* **What you are asked to do**: An exact repetition of the records is required. Leave nothing out.

━━━━

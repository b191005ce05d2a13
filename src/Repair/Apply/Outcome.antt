-- ===== src/Repair/Apply/Outcome.antt =====
-- What an application that returns has done.
use nautilus_acornfs.Prelude.{ℕ, ◌≡◌, Bool, true, false, List, [], ◌∷◌}
use nautilus_acornfs.Prelude.Text.{Text, text_eq}
use nautilus_acornfs.Prelude.Result.{Result, ok, err}
use nautilus_acornfs.Prelude.Exec.{Exec}
use nautilus_acornfs.Validation.Findings.{Report}
use nautilus_acornfs.Repair.{RepairPlan, plan_repairs_from_report}
use nautilus_acornfs.Repair.Apply.{
  completed, verified, report_progress, close_image, Payload, Host, Run, remains, Call, write_audit,
}
use nautilus_acornfs.Repair.Apply.Steps.{repairs_made, repairs_of}

-- The calls behind the repairs, latest first.
abbrev pub finished_as :
    Payload → Payload → List (Call × Result (Unit {0})) → List (Call × Result (Unit {0}))
finished_as last audit earlier =
    (report_progress, ok tt)
    ∷ (write_audit last, ok tt)
    ∷ (close_image, ok tt)
    ∷ (report_progress, ok tt)
    ∷ (write_audit audit, ok tt)
    ∷ (report_progress, ok tt)
    ∷ earlier

-- An application that returned a report, from the repairs that were made before it.
pub record IsRepaired (h : Host) (plan : RepairPlan) (r : Report) (earlier : List Call) (t : Run)
    : Type 0 where
  -- each action's repair was made, in order, and no other
  pub made : repairs_made t.calls ≡ repairs_of h plan.actions earlier
  -- the image answered with the report
  pub answered : (n : ℕ) × (h.integrity_report n ≡ ok r)
  pub remains : remains plan r ≡ false
  pub payload : t.payload ≡ record {
    status = completed;
    checkpoint_created = true;
    checkpoint_retained = false;
    applied_actions = plan.actions;
    post_validation = r ∷ [];
  }
  pub closed : t.image_open ≡ false
  pub checkpoint_completed : t.checkpoint_completed ≡ true
  -- the last calls, behind those of the repairs: an audit of the verification, a clean close of the image, and
  -- the audit that the repair is completed
  pub ended :
      (audit : Payload) × (u : List (Call × Result (Unit {0}))) × (audit.status ≡ verified)
      × (audit.post_validation ≡ r ∷ [])
      × (t.calls ≡ finished_as t.payload audit u)

abbrev pub is_confirmed : Result Text → Text → Bool
is_confirmed (ok name) confirmation = text_eq confirmation name
is_confirmed (err error) confirmation = false

abbrev pub planned_for : Result Report → Result RepairPlan
planned_for (ok report) = ok (plan_repairs_from_report report)
planned_for (err error) = err error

━━━━

* **Result**:
repository b191005ce05d2a13
filename src/Repair/Apply/Outcome.antt
-- ===== src/Repair/Apply/Outcome.antt =====
-- What an application that returns has done.
use nautilus_acornfs.Prelude.{ℕ, ◌≡◌, Bool, true, false, List, [], ◌∷◌}
use nautilus_acornfs.Prelude.Text.{Text, text_eq}
use nautilus_acornfs.Prelude.Result.{Result, ok, err}
use nautilus_acornfs.Prelude.Exec.{Exec}
use nautilus_acornfs.Validation.Findings.{Report}
use nautilus_acornfs.Repair.{RepairPlan, plan_repairs_from_report}
use nautilus_acornfs.Repair.Apply.{
  completed, verified, report_progress, close_image, Payload, Host, Run, remains, Call, write_audit,
}
use nautilus_acornfs.Repair.Apply.Steps.{repairs_made, repairs_of}

-- The calls behind the repairs, latest first.
abbrev pub finished_as :
    Payload → Payload → List (Call × Result (Unit {0})) → List (Call × Result (Unit {0}))
finished_as last audit earlier =
    (report_progress, ok tt)
    ∷ (write_audit last, ok tt)
    ∷ (close_image, ok tt)
    ∷ (report_progress, ok tt)
    ∷ (write_audit audit, ok tt)
    ∷ (report_progress, ok tt)
    ∷ earlier

-- An application that returned a report, from the repairs that were made before it.
pub record IsRepaired (h : Host) (plan : RepairPlan) (r : Report) (earlier : List Call) (t : Run)
    : Type 0 where
  -- each action's repair was made, in order, and no other
  pub made : repairs_made t.calls ≡ repairs_of h plan.actions earlier
  -- the image answered with the report
  pub answered : (n : ℕ) × (h.integrity_report n ≡ ok r)
  pub remains : remains plan r ≡ false
  pub payload : t.payload ≡ record {
    status = completed;
    checkpoint_created = true;
    checkpoint_retained = false;
    applied_actions = plan.actions;
    post_validation = r ∷ [];
  }
  pub closed : t.image_open ≡ false
  pub checkpoint_completed : t.checkpoint_completed ≡ true
  -- the last calls, behind those of the repairs: an audit of the verification, a clean close of the image, and
  -- the audit that the repair is completed
  pub ended :
      (audit : Payload) × (u : List (Call × Result (Unit {0}))) × (audit.status ≡ verified)
      × (audit.post_validation ≡ r ∷ [])
      × (t.calls ≡ finished_as t.payload audit u)

abbrev pub is_confirmed : Result Text → Text → Bool
is_confirmed (ok name) confirmation = text_eq confirmation name
is_confirmed (err error) confirmation = false

abbrev pub planned_for : Result Report → Result RepairPlan
planned_for (ok report) = ok (plan_repairs_from_report report)
planned_for (err error) = err error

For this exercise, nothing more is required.